Exercises in this lesson

eng.g3.s.ex_21
Pick a body-paragraph focus that calls for SEQUENCE text-structure. Draft a TDET paragraph using 3 sequence-signal words (FIRST, NEXT,...
sequence paragraph draft · diff 3
eng.g3.s.ex_22
Sort these 12 transition words into 4 families: SEQUENCE / ADDITION / CONTRAST / CAUSE-CONCLUSION. Words: first, also, however,...
sequence signal sort · diff 2

Differentiation

Scaffolds
  • Sequence numbered template (Step 1, Step 2, Step 3 with sentence frames)
  • Sequence signal-word strip (FIRST, NEXT, AFTER THAT, FINALLY in a row)
  • Partner-brainstorm order before writing
Extensions
  • Use a date AND a sequence-signal in the same sentence ('On February 1, 1960, four friends sat down at the Greensboro lunch counter.').
  • Add a fourth step and use 'LATER' as a fifth sequence signal.
English Learners
  • Bilingual signal-word cards
  • Numbered diagram of the sequence before writing
  • Oral step-by-step rehearsal
Ieps 504s
  • Drawing-the-sequence in 3 numbered panels acceptable
  • Reduced target: 3 steps with FIRST/NEXT/FINALLY only
  • Adult scribe

Teacher notes

Sequence is the most accessible text-structure for biography topics.
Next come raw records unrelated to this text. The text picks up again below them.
-- ===== src/Tests/DeadLock.antt =====
-- A check of three threads, of which one is late and one is gone.
use nstl.Prelude.{zero, suc, ◌≡◌, refl, ◌↔◌, true, none, some, [], ◌∷◌}
use nstl.DeadLock.{Elapsed, DeadLockChecker, check_loop, check}
use nstl.DeadLock.Check.{live, IsLate, check_lem}

abbrev times : Elapsed
times zero = some 5
times (suc zero) = none
times (suc (suc n)) = some 100

abbrev three : DeadLockChecker
three = record { timeout = 50; items = 0 ∷ 1 ∷ 2 ∷ []; running = true }

alerts : check times three ≡ (record three { items = 0 ∷ 2 ∷ [] }, true)
unfolding check check_loop
alerts = refl

check_lem_example :
    (((check times three).1 ≡ true) ↔ IsLate times 50 (0 ∷ 1 ∷ 2 ∷ []))
    × ((check times three).0 ≡ record three { items = live times (0 ∷ 1 ∷ 2 ∷ []) })
check_lem_example = check_lem times three
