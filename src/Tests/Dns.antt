-- ===== src/Tests/Dns.antt =====
-- Runs of the DNS record handlers.
use nstl.Prelude.{ℕ, ◌≤◌, ◌≡◌, refl, ◌↔◌, Option, some, List, [], ◌∷◌, arith, codes}
use nstl.Net.Svcb.{port, alpn_list, resolve_params, param_loop, param_of}
use nstl.Net.Svcb.Wire.{Entry, known, unknown, put_entries, known_of}
use nstl.Net.Svcb.RoundTrip.{resolve_params-put_entries}
use nstl.Net.Records.{RawRecord, Expand, mx_item, word_at}
use nstl.Net.Records.Names.{mx_item_whole}

abbrev entries : List Entry
entries = known (port 443) ∷ unknown 9 (1 ∷ []) ∷ known (alpn_list (codes "h2" ∷ [])) ∷ []

reads :
    resolve_params (0 ∷ 3 ∷ 0 ∷ 2 ∷ 1 ∷ 187 ∷ 0 ∷ 9 ∷ 0 ∷ 1 ∷ 1 ∷ 0 ∷ 1 ∷ 0 ∷ 3 ∷ 2 ∷ codes "h2")
    ≡ port 443 ∷ alpn_list (codes "h2" ∷ []) ∷ []
unfolding resolve_params param_loop param_of
reads = refl

resolve_params-put_entries_example : resolve_params (put_entries entries) ≡ known_of entries
resolve_params-put_entries_example = resolve_params-put_entries entries (omega arith)

-- A pointer to a name elsewhere in the message takes two bytes.
abbrev compressed : Expand
compressed s = some (2, codes "mail.example.org")

abbrev mx_record : RawRecord
mx_record = record { rr_class = 1; rr_type = 15; rdata = 0 ∷ 10 ∷ 0xC0 ∷ 12 ∷ [] }

cut_off : mx_item compressed mx_record ≡ some (record { address = codes "ma"; priority = 10 })
unfolding mx_item word_at
cut_off = refl

mx_item_whole_example :
    (mx_item compressed mx_record
      ≡ some (record { address = codes "mail.example.org"; priority = word_at 0 mx_record.rdata }))
    ↔ (16 ≤ 2)
mx_item_whole_example =
    mx_item_whole compressed mx_record 2 (codes "mail.example.org") refl refl (omega arith) refl

abbrev always : ℕ → Option ℕ
always k = some 5

always_small : (i : ℕ) (n : ℕ) → always i ≡ some n → n ≤ 5
always_small i n e = ground arith
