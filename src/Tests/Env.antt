-- ===== src/Tests/Env.antt =====
-- An environment that is a list of names and values, and nested scopes in it.
use nstl.Prelude.{
  ℕ, ◌≡◌, refl, sym, ◌∙◌, ◌≢◌, inl, inr, false, Option, none, some, List, [], ◌∷◌, arith,
  if◌then◌else◌, Result, ok, c_string, codes,
}
use mathlib.Core.Path.{subst}
use nstl.Prelude.{same_text, same_text_iff, text-cases, same_text_self, same_text_of_ne}
use nstl.Env.{Environ, EnvVarRaii, set_up, tear_down, get_env_var, loc_setenv, loc_unsetenv}
use nstl.Env.Reads.{EnvironLaws}
use nstl.Env.Scopes.{HasMemory, within, within-Agree}

abbrev Store : Type 0
Store = List (List ℕ × List ℕ)

abbrev look : Store → List ℕ → Option (List ℕ)
look [] name = none
look ((n, v) ∷ s) name = if same_text name n then some v else look s name

abbrev remove : Store → List ℕ → Store
remove [] name = []
remove ((n, v) ∷ s) name =
    let rest = remove s name in if same_text name n then rest else (n, v) ∷ rest

abbrev list_environ : Environ
list_environ = record {
  Env = Store;
  getenv = look;
  setenv = λ env name value. some ((name, value) ∷ env);
  unsetenv = λ env name. some (remove env name);
}

look-remove : (s : Store) (name : List ℕ) → look (remove s name) name ≡ none
look-remove [] name = refl
look-remove ((n, v) ∷ s) name = ground (arith, look-remove s name)

look-remove_other :
    (s : Store) (name other : List ℕ) → other ≢ name → look (remove s name) other ≡ look s other
look-remove_other [] name other ne = refl
look-remove_other ((n, v) ∷ s) name other ne = elim (text-cases name n) [
  | inl e ↦
      let there = (same_text_iff name n).1 e in
      let here = same_text_of_ne other n (λ eq. ne (eq ∙ sym e)) in
      let ih = look-remove_other s name other ne in ground (arith, there, here, ih)
  | inr differs ↦
      let there = same_text_of_ne name n differs in
      let ih = look-remove_other s name other ne in ground (arith, there, ih)
]

list_environ_laws : EnvironLaws list_environ
list_environ_laws = record {
  get-set = λ env after name value did.
      let e : (name, value) ∷ env ≡ after = cc in
      subst (λ s. look s name ≡ some value) e (rw (same_text_self name) refl);
  set_others = λ env after name value other did ne.
      let e : (name, value) ∷ env ≡ after = cc in
      subst (λ s. look s other ≡ look env other) e (rw (same_text_of_ne other name ne) refl);
  get-unset = λ env after name did.
      let e : remove env name ≡ after = cc in
      subst (λ s. look s name ≡ none) e (look-remove env name);
  unset_others = λ env after name other did ne.
      let e : remove env name ≡ after = cc in
      subst (λ s. look s other ≡ look env other) e (look-remove_other env name other ne);
  unset_ok = λ env name value is_set. (remove env name, refl);
}

list_environ_memory : HasMemory list_environ
list_environ_memory env later name value was = ((name, value) ∷ later, refl)

abbrev start : Store
start = (codes "TZ", codes "UTC") ∷ []

-- The zone is set, another variable is removed that was not set, and the zone is removed.
abbrev settings : List (List ℕ × Option (List ℕ))
settings =
    (codes "TZ", some (codes "CET"))
    ∷ (codes "LANG", none)
    ∷ (codes "TZ", none)
    ∷ (codes "A", some (codes "1"))
    ∷ []

abbrev zone : Store → Result (List ℕ)
unfolding get_env_var c_string
zone env = get_env_var list_environ env (some (codes "TZ"))

abbrev zone_set : EnvVarRaii
zone_set = record { name = codes "TZ"; prev = some (codes "UTC"); noop = false }

set_up_zone :
    set_up list_environ start (codes "TZ") (some (codes "CET"))
    ≡ ok (zone_set, (codes "TZ", codes "CET") ∷ start)
unfolding set_up loc_setenv c_string
set_up_zone = refl

reads_inside : (within list_environ settings zone start).0 ≡ ok []
unfolding set_up tear_down loc_setenv loc_unsetenv get_env_var c_string
reads_inside = refl

within-Agree_example :
    look (within list_environ settings zone start).1 (codes "TZ") ≡ look start (codes "TZ")
within-Agree_example =
    within-Agree list_environ list_environ_laws list_environ_memory settings zone start (codes "TZ")
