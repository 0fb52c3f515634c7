-- ===== src/Tests/Hash.antt =====
-- Runs of the hashes, with a digest that keeps its data.
use nstl.Prelude.{
  ℕ, zero, suc, ◌*◌, ◌^◌, ◌≡◌, refl, sym, true, some, List, [], ◌∷◌, ◌++◌, append-nil, append_assoc,
  arith, take, drop, min, length, length-take, length-drop, ap, replicate, ok, codes,
}
use nstl.Hash.{
  md5, sha256, HashValue, Hasher, HasherLaws, InputFile, hash_file, hash_to_hex, hex_loop,
}
use nstl.Hash.File.{ReadLaws, hash_file-ReadLaws, hash_file_cut}

abbrev hash : HashValue
hash = record { hash_type = md5; bytes = 0x0A ∷ 0xFF ∷ replicate 14 7 }

hex_text : take 4 (hash_to_hex hash) ≡ codes "0AFF"
unfolding hash_to_hex hex_loop
hex_text = refl

take_again : (n : ℕ) (xs : List ℕ) → take n xs ≡ take (length (take n xs)) xs
take_again zero xs = refl
take_again (suc n) [] = refl
take_again (suc n) (x ∷ xs) = ap (x ∷◌) (take_again n xs)

abbrev keeper : Hasher
keeper = record {
  State = List ℕ;
  factory = λ type. [];
  add = λ s bytes. s ++ bytes;
  finish = λ s. record { hash_type = sha256; bytes = s };
}

keeper_laws : HasherLaws keeper
keeper_laws = record { add-nothing = append-nil; add-append = λ s a b. sym (append_assoc s a b) }

-- A system that gives two bytes at a time where the buffer holds as many.
abbrev file : InputFile
file = record {
  is_open = true;
  read = λ k offset size. some (take (min size 2) (drop offset (1 ∷ 2 ∷ 3 ∷ [])));
}

file_laws : ReadLaws file (1 ∷ 2 ∷ 3 ∷ [])
file_laws = record {
  reads = λ k offset size.
      let held : List ℕ = 1 ∷ 2 ∷ 3 ∷ [] in
      let left = drop offset held in
      let taken = length-take (min size 2) left in
      let there = length-drop offset held in
      (
        take (min size 2) left,
        refl,
        omega (arith, taken),
        omega (arith, taken),
        take_again (min size 2) left,
        λ some_size before. omega (arith, taken, there),
      );
}

hash_file-ReadLaws_example :
    hash_file keeper 4 (codes "a.txt") file sha256 2
    ≡ some (ok (record { hash_type = sha256; bytes = 1 ∷ 2 ∷ 3 ∷ [] }))
hash_file-ReadLaws_example =
    hash_file-ReadLaws keeper keeper_laws 4 (codes "a.txt") file sha256 2 (1 ∷ 2 ∷ 3 ∷ [])
      (omega arith) refl (omega arith) file_laws (omega arith)

hash_file_cut_example :
    hash_file keeper 3 (codes "a.txt") file sha256 (2 ^ 32 * suc 0)
    ≡ some (ok (record { hash_type = sha256; bytes = [] }))
hash_file_cut_example =
    hash_file_cut keeper keeper_laws 2 0 (codes "a.txt") file sha256 (omega arith) refl refl
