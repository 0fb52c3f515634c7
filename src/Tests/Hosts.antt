-- ===== src/Tests/Hosts.antt =====
-- Runs of the queries and of the lookup of hosts.
use nstl.Prelude.{ℕ, ◌≤◌, ◌≡◌, refl, none, some, List, [], ◌∷◌, arith, ok, c_string, codes}
use nstl.Net.Inet.{inet}
use nstl.Net.Print.{ipv4_addr}
use nstl.Net.Records.{
  push_optional, RawRecord, c_in, t_txt, txt_item, collect, text_loop, query_loop,
}
use nstl.Net.Records.Query.{Grows}
use nstl.Net.Client.{Resolver, txt_name, query_of, records_of, process_item}
use nstl.Net.Client.Queries.{Answers, query_of_ends}
use nstl.Net.Lookup.{Hints, Answer, success, ipv4, ips_name, stack_name, address_loop}

abbrev spf : RawRecord
spf = record { rr_class = c_in; rr_type = t_txt; rdata = 6 ∷ codes "v=spf1" }

-- One TXT record in a message of 40 bytes.
abbrev resolver : Resolver
resolver = record {
  nquery = λ name ns_type k. some 40;
  parse = λ name ns_type len. some (some spf ∷ none ∷ []);
  expand = λ s. none;
}

answers : txt_name resolver 9 32 (codes "example.org") ≡ ok (some (some (codes "v=spf1" ∷ [])))
unfolding txt_name query_of records_of process_item stack_name c_string query_loop collect txt_item
    text_loop push_optional
answers = refl

bounded :
    (i : ℕ) (n : ℕ) → resolver.nquery (c_string (codes "example.org")) t_txt i ≡ some n → n ≤ 40
bounded i n e = ground arith

query_of_ends_example :
    (longer : List ℕ) × (last : ℕ) × (size : ℕ) × Grows
      (resolver.nquery (c_string (codes "example.org")) t_txt)
      0
      32
      longer
      last
      size
    × Answers resolver 10 32
        (c_string (codes "example.org"))
        t_txt
        txt_item
        last
        size
        (query_of resolver 10 32 t_txt txt_item (codes "example.org"))
query_of_ends_example =
    query_of_ends resolver 10 32 t_txt txt_item (codes "example.org") 40 (omega arith) bounded
      (omega arith) (omega arith)

abbrev home : List ℕ → Hints → Answer
home name hints =
    success (record { family = some inet; address = 127 ∷ 0 ∷ 0 ∷ 1 ∷ []; canonname = none } ∷ [])

looks_up :
    ips_name home (codes "localhost") ipv4 ≡ ok (some (ipv4_addr (127 ∷ 0 ∷ 0 ∷ 1 ∷ []) ∷ []))
unfolding ips_name stack_name c_string address_loop push_optional
looks_up = refl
Children who chose a person as their expert topic should default to sequence unless there is a strong reason to use description. Watch for the 'random sequence' problem — children pick sequence-signals (first/next/finally) but the actual content isn't in time-order. The numbered template prevents this. Pair sequence with dates whenever possible — a date attaches the sequence to a real time and makes the writing more concrete. The signal-word strip at desk is a useful daily scaffold.